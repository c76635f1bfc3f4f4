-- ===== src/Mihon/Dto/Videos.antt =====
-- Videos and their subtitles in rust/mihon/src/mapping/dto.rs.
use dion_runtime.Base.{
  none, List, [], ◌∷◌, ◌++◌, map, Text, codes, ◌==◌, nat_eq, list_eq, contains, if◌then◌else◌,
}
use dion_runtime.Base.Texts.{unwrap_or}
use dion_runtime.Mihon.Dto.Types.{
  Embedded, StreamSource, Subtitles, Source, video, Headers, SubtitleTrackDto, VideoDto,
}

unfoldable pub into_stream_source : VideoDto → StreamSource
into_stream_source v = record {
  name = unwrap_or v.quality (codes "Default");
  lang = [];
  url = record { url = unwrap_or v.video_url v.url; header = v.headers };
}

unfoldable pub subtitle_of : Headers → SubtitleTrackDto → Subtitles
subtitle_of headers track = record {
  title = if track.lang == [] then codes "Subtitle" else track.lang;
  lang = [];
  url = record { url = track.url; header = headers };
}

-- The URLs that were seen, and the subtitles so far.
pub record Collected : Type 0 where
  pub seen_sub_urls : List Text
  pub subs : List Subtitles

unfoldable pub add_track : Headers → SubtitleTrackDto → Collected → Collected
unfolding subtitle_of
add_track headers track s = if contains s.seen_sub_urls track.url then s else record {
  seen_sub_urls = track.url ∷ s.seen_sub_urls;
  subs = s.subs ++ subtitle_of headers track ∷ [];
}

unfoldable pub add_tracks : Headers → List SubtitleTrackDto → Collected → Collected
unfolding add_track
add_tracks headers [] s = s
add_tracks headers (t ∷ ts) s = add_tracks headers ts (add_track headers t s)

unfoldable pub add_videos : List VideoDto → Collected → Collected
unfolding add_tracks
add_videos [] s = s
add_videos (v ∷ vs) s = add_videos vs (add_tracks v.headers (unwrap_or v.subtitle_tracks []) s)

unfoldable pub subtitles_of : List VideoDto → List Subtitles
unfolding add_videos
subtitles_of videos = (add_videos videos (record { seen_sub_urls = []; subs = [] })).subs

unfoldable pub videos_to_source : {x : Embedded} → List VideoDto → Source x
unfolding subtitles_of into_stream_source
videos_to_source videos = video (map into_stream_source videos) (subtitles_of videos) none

# Exercise requirements:
Which lines of the data contain "else"? Copy them all.

# Result for this task:
  none, List, [], ◌∷◌, ◌++◌, map, Text, codes, ◌==◌, nat_eq, list_eq, contains, if◌then◌else◌,
  title = if track.lang == [] then codes "Subtitle" else track.lang;
add_track headers track s = if contains s.seen_sub_urls track.url then s else record {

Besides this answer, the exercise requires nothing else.